NATAL DE GRATIDÃO! Obrigada Pai pelo nascimento de Jesus Cristo, nosso Redentor, em Belém! Obrigada Maria por te acolhido o Filho de Deus em teu ventre bendito e virgem! Obrigada São José por não ter repudiado Maria mas a abrigado e amado como a Mãe do Senhor! Obrigada Isabel por ter louvado à sua prima Maria pela graça de gestar o Salvador do mundo!
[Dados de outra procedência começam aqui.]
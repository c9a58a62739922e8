-- ===== src/Interleaved/Versions.antt =====
-- Under which key version `pollJobsToExecute` pushes `markfailed` (lib/poller.js): the one of the
-- failure record, which is that of the job as the failure was first recorded (lib/storage.js).
use wax_rng_oracle.Prelude.{
  ℕ, String, ◌≡◌, ◌⊎◌, inl, inr, refl, sym, subst, not, ◌&&◌, ◌==◌, ==_iff, Option, none, some,
  List, [], ◌∷◌, includes, text_eq, any, Bool-cases, arith,
}
use wax_rng_oracle.Dict.{Dict, lookup, put, lookup-put, lookup-remove_all}
use wax_rng_oracle.Dict.Table.{key-lookup}
use wax_rng_oracle.Model.{Job}
use wax_rng_oracle.Contract.{Action, markfailed}
use wax_rng_oracle.RngPusher.{
  RpcJson, no_error, no_detail, detail, rpc, type_error, other, Pushed, sent, refused, silent,
  threw, refuse, setrand_refusals, markfailed_refusals,
}
use wax_rng_oracle.Storage.{
  Storage, Failure, failure_after, job_failed, clear_failed_jobs, job_deliver_fail,
  clear_delivery_failures,
}
use wax_rng_oracle.Storage.Cleared.{
  Call, job_failed_call, clear_failed_call, deliver_fail_call, clear_deliveries_call, perform,
  IsValid,
}
use wax_rng_oracle.Poller.{
  State, Member, Outside, acts_on, is_known_key_version, count, executed_job, job_collision,
  execute_failed, combine_failed,
}
use wax_rng_oracle.Poller.Pushing.{Pushes, Pushes-none, Pushes-one, Pushes-trans}
use wax_rng_oracle.Poller.SetPart.{message}
use wax_rng_oracle.Poller.Execute.{usable}
use wax_rng_oracle.Interleaved.Own.{IsOwn, pushed-skipped, known-is_known, unknown-is_known}
use wax_rng_oracle.Interleaved.Results.{
  Trouble, uncombined, crash, ResultPc, Begun, passes, stops, sends, use_hash, log_hash, act,
  next_result, after_send, catch_rpc, written, after_marking, ResultMove, loaded, not_loaded,
  answers, reads, writes, is_marked, mark_is_posted, is_posted,
}
use wax_rng_oracle.Interleaved.Results.Kept.{pushed-log_hash}
use wax_rng_oracle.Interleaved.Results.Caught.{pushed-alert}
use wax_rng_oracle.Interleaved.Calls.{after_call}

module _ (m : Member) (listed : List Job) (origin : Storage) where
  -- The version of a listed job of this id that the member acts on, or of the record that the storage
  -- had of the id at first.
  abbrev pub VersionFrom : ℕ → ℕ → Type 0
  VersionFrom id ver =
      ((job : Job) × IsOwn m listed job × (job.id ≡ id) × (job.ver ≡ ver))
      ⊎ ((f : Failure) × (lookup id origin.failures ≡ some f) × (f.ver ≡ ver))

  -- Every record has such a version.
  abbrev pub Versions : Storage → Type 0
  Versions d = (id : ℕ) (f : Failure) → lookup id d.failures ≡ some f → VersionFrom id f.ver

  pub Versions-origin : Versions origin
  Versions-origin id f e = inr (f, e, refl)

  -- The calls that the polls make: a failure is recorded of a listed job that the member acts on.
  abbrev pub CallOk : Option Call → Type 0
  CallOk none = Unit
  CallOk (some (job_failed_call now job meta)) = IsOwn m listed job
  CallOk (some (clear_failed_call ids)) = Unit
  CallOk (some (deliver_fail_call now u)) = Unit
  CallOk (some (clear_deliveries_call ids)) = Unit
  CallOk (some _) = ⊥

  put-Versions :
      (now : ℕ) (job : Job) (meta : Option String) (d : Dict Failure)
      → IsOwn m listed job
      → ((id : ℕ) (f : Failure) → lookup id d ≡ some f → VersionFrom id f.ver)
      → (id : ℕ) (f : Failure)
      → lookup id (put job.id (failure_after now job meta (lookup job.id d)) d) ≡ some f
      → VersionFrom id f.ver
  put-Versions now job meta d own h id f e =
      let was = lookup-put job.id id (failure_after now job meta (lookup job.id d)) d in
      elim (Bool-cases (job.id == id)) [
        | inl same ↦
            let at : job.id ≡ id = (==_iff job.id id).0 same in
            let now_there : some (failure_after now job meta (lookup job.id d)) ≡ some f =
              ground (arith, was, e, same) in
            split (lookup job.id d) refl at now_there
        | inr apart ↦
            let before : lookup id d ≡ some f = ground (arith, was, e, apart) in h id f before
      ]
    where
      split :
          (old : Option Failure)
          → lookup job.id d ≡ old
          → job.id ≡ id
          → some (failure_after now job meta old) ≡ some f
          → VersionFrom id f.ver
      split none k at q = inl (job, own, at, cc)
      split (some g) k at q =
          let same : g.ver ≡ f.ver = cc in
          subst (λ v. VersionFrom id v) same (h id g (subst (λ (i : ℕ). lookup i d ≡ some g) at k))

  pub after_call-Versions :
      (c : Option Call) (d : Storage) → CallOk c → Versions d → Versions (after_call c d)
  unfolding perform job_failed clear_failed_jobs job_deliver_fail clear_delivery_failures
  after_call-Versions none d ok h = h
  after_call-Versions (some (job_failed_call now job meta)) d ok h =
      put-Versions now job meta d.failures ok h
  after_call-Versions (some (clear_failed_call ids)) d ok h = λ id f e.
      elim (Bool-cases (any (λ k. k == id) ids)) [
        | inl dropped ↦
            let gone : none ≡ some f =
              ground (arith, lookup-remove_all ids id d.failures, e, dropped) in
            absurd (cc)
        | inr kept ↦ h id f (ground (arith, lookup-remove_all ids id d.failures, e, kept))
      ]
  after_call-Versions (some (deliver_fail_call now u)) d ok h = h
  after_call-Versions (some (clear_deliveries_call ids)) d ok h = h
  after_call-Versions (some c) d ok h = absurd ok

  -- A `markfailed` is under such a version.
  abbrev pub IsVersioned : Action → Type 0
  IsVersioned (markfailed owner id ver signature text) = VersionFrom id ver
  IsVersioned _ = Unit

  -- Only such actions are pushed from the one state to the other.
  abbrev Fair : State → State → Type 0
  Fair s t = Pushes IsVersioned s t

  same-Fair : (s t : State) → t.pushed ≡ s.pushed → Fair s t
  same-Fair s t e = Pushes-none s t e

  after-Fair : {s t u : State} → t.pushed ≡ s.pushed → Fair t u → Fair s u
  after-Fair {s} {t} e h = Pushes-trans (same-Fair s t e) h

  module _ (o : Outside) where
    act-Fair :
        (job : Job) (jobs : List Job) (rest : ResultPc × State) (b : Begun) (s : State)
        → Fair s rest.1
        → Fair s (act m job jobs rest b s).1
    act-Fair job jobs rest passes s h = h
    act-Fair job jobs rest (stops t) s h = same-Fair s s refl
    act-Fair job jobs rest (sends signature) s h = Pushes-one s _ _ refl tt

    next_result-Fair : (jobs : List Job) (s : State) → Fair s (next_result m o jobs s).1
    unfolding next_result
    next_result-Fair [] s = same-Fair s s refl
    next_result-Fair (job ∷ jobs) s = elim (Bool-cases (acts_on m.active_key_version job.ver)) [
      | inl known ↦
          let hash = message o job in
          let logged = log_hash m o job hash s in
          rw (known-is_known m job s known) (
            after-Fair (pushed-log_hash m o listed job hash s)
              (act-Fair job jobs _ (use_hash m o job hash) logged (next_result-Fair jobs logged)))
      | inr unknown ↦ rw (unknown-is_known m job s unknown) (
          after-Fair (pushed-skipped m job s)
            (next_result-Fair jobs (is_known_key_version m job s).1))
    ]

    counted-Fair :
        (jobs : List Job) (s t : State) → t.pushed ≡ s.pushed → Fair s (next_result m o jobs t).1
    counted-Fair jobs s t e = after-Fair e (next_result-Fair jobs t)

    after_send-Fair :
        (signature : String) (job : Job) (jobs : List Job) (p : Pushed) (s : State)
        → Fair s (after_send m o signature job jobs p s).1
    after_send-Fair signature job jobs (threw e) s = same-Fair s s refl
    after_send-Fair signature job jobs (sent id) s = counted-Fair jobs s (count executed_job s) refl
    after_send-Fair signature job jobs refused s = counted-Fair jobs s (count executed_job s) refl
    after_send-Fair signature job jobs silent s = counted-Fair jobs s (count executed_job s) refl

    catch_rpc-Fair :
        (f : Failure) (jobs : List Job) (signature : Option String) (j : RpcJson) (s : State)
        → VersionFrom f.id f.ver
        → Fair s (catch_rpc m o f jobs signature j s).1
    catch_rpc-Fair f jobs signature no_error s v = same-Fair s s refl
    catch_rpc-Fair f jobs none no_detail s v = same-Fair s _ refl
    catch_rpc-Fair f jobs (some signature) no_detail s v = elim (Bool-cases (usable signature)) [
      | inl worth ↦ rw worth (same-Fair s _ refl)
      | inr idle ↦ rw idle (same-Fair s _ refl)
    ]
    catch_rpc-Fair f jobs none (detail text) s v =
        elim (Bool-cases (includes text "no request found")) [
          | inl found ↦ rw found (counted-Fair jobs s (count job_collision s) refl)
          | inr new ↦ rw new (same-Fair s _ refl)
        ]
    catch_rpc-Fair f jobs (some signature) (detail text) s v =
        elim (Bool-cases (includes text "no request found")) [
          | inl found ↦ rw found (counted-Fair jobs s (count job_collision s) refl)
          | inr new ↦ elim (Bool-cases (usable signature && not (text_eq text ""))) [
            | inl worth ↦
                rw (new, worth)
                  (Pushes-one s _ (markfailed m.owner f.id f.ver signature text) refl v)
            | inr idle ↦ rw (new, idle) (same-Fair s _ refl)
          ]
        ]

    written-Fair :
        (now : ℕ) (t : Trouble) (jobs : List Job) (found : Option Failure) (s : State)
        → ((f : Failure) → found ≡ some f → VersionFrom f.id f.ver)
        → Fair s (written m o now t jobs found s).1
    written-Fair now uncombined jobs found s v =
        same-Fair s _ (pushed-alert m o listed now (count execute_failed (count combine_failed s)))
    written-Fair now (crash signature e) jobs none s v = same-Fair s s refl
    written-Fair now (crash signature (rpc j)) jobs (some f) s v =
        catch_rpc-Fair f jobs signature j s (v f refl)
    written-Fair now (crash signature type_error) jobs (some f) s v = same-Fair s _ refl
    written-Fair now (crash signature (other e)) jobs (some f) s v = same-Fair s _ refl

    after_marking-Fair :
        (jobs : List Job) (p : Pushed) (s : State) → Fair s (after_marking jobs p s).1
    after_marking-Fair jobs (threw e) s = same-Fair s _ refl
    after_marking-Fair jobs (sent id) s = same-Fair s _ refl
    after_marking-Fair jobs refused s = same-Fair s _ refl
    after_marking-Fair jobs silent s = same-Fair s _ refl

    -- What a step of `pollJobsToExecute` pushes.
    pub ResultMove-Fair :
        {s : State} {p : ResultPc} {r : ResultPc × State}
        → ResultMove m o listed s p r
        → IsValid s.db
        → Versions s.db
        → Pushes IsVersioned s r.1
    ResultMove-Fair {s} (loaded jobs h) w v = next_result-Fair jobs s
    ResultMove-Fair {s} (not_loaded e) w v = same-Fair s s refl
    ResultMove-Fair {s} (answers {signature} {job} {jobs} a) w v =
        after_send-Fair signature job jobs (refuse setrand_refusals a) s
    ResultMove-Fair {s} (reads now) w v = same-Fair s _ refl
    ResultMove-Fair {s} (writes {t} {job} {jobs} now) w v =
        written-Fair now t jobs (lookup job.id s.db.failures) s (λ f e.
          let same = key-lookup (λ (x : Failure). x.id) job.id s.db.failures w.failures e in
          subst (λ id. VersionFrom id f.ver) (sym same) (v job.id f e))
    ResultMove-Fair {s} (is_marked {jobs} a) w v =
        after_marking-Fair jobs (refuse markfailed_refusals a) s
    ResultMove-Fair {s} mark_is_posted w v = same-Fair s _ refl
    ResultMove-Fair {s} (is_posted {jobs}) w v = next_result-Fair jobs s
Obrigada aos Pastores que, guiados pelos Anjos, foram visitar a Sagrada Família na gruta de Belém! Obrigada aos Magos que, iluminados pela Estrela, foram adorar Jesus na simplicidade do presépio! Obrigada a São João Batista, o Precursor, que soube anunciar e indicar o Messias tão esperado! Obrigada Pai pelo mistério insondável da encarnação do Filho de Deus! Que este seja nosso Natal de Gratidão! Gratidão pelo Universo e pelo nosso planeta Terra! Gratidão pelo sol, pela lua e pelas estrelas! Gratidão pelas montanhas, pelos vales e pelos mares! Gratidão pelas nossas famílias e pelos nossos amigos! Gratidão pela nossa saúde, pela nossa Vida, Senhor! Obrigada! Obrigada! Obrigada! Feliz Natal! Feliz Natal! Feliz Natal!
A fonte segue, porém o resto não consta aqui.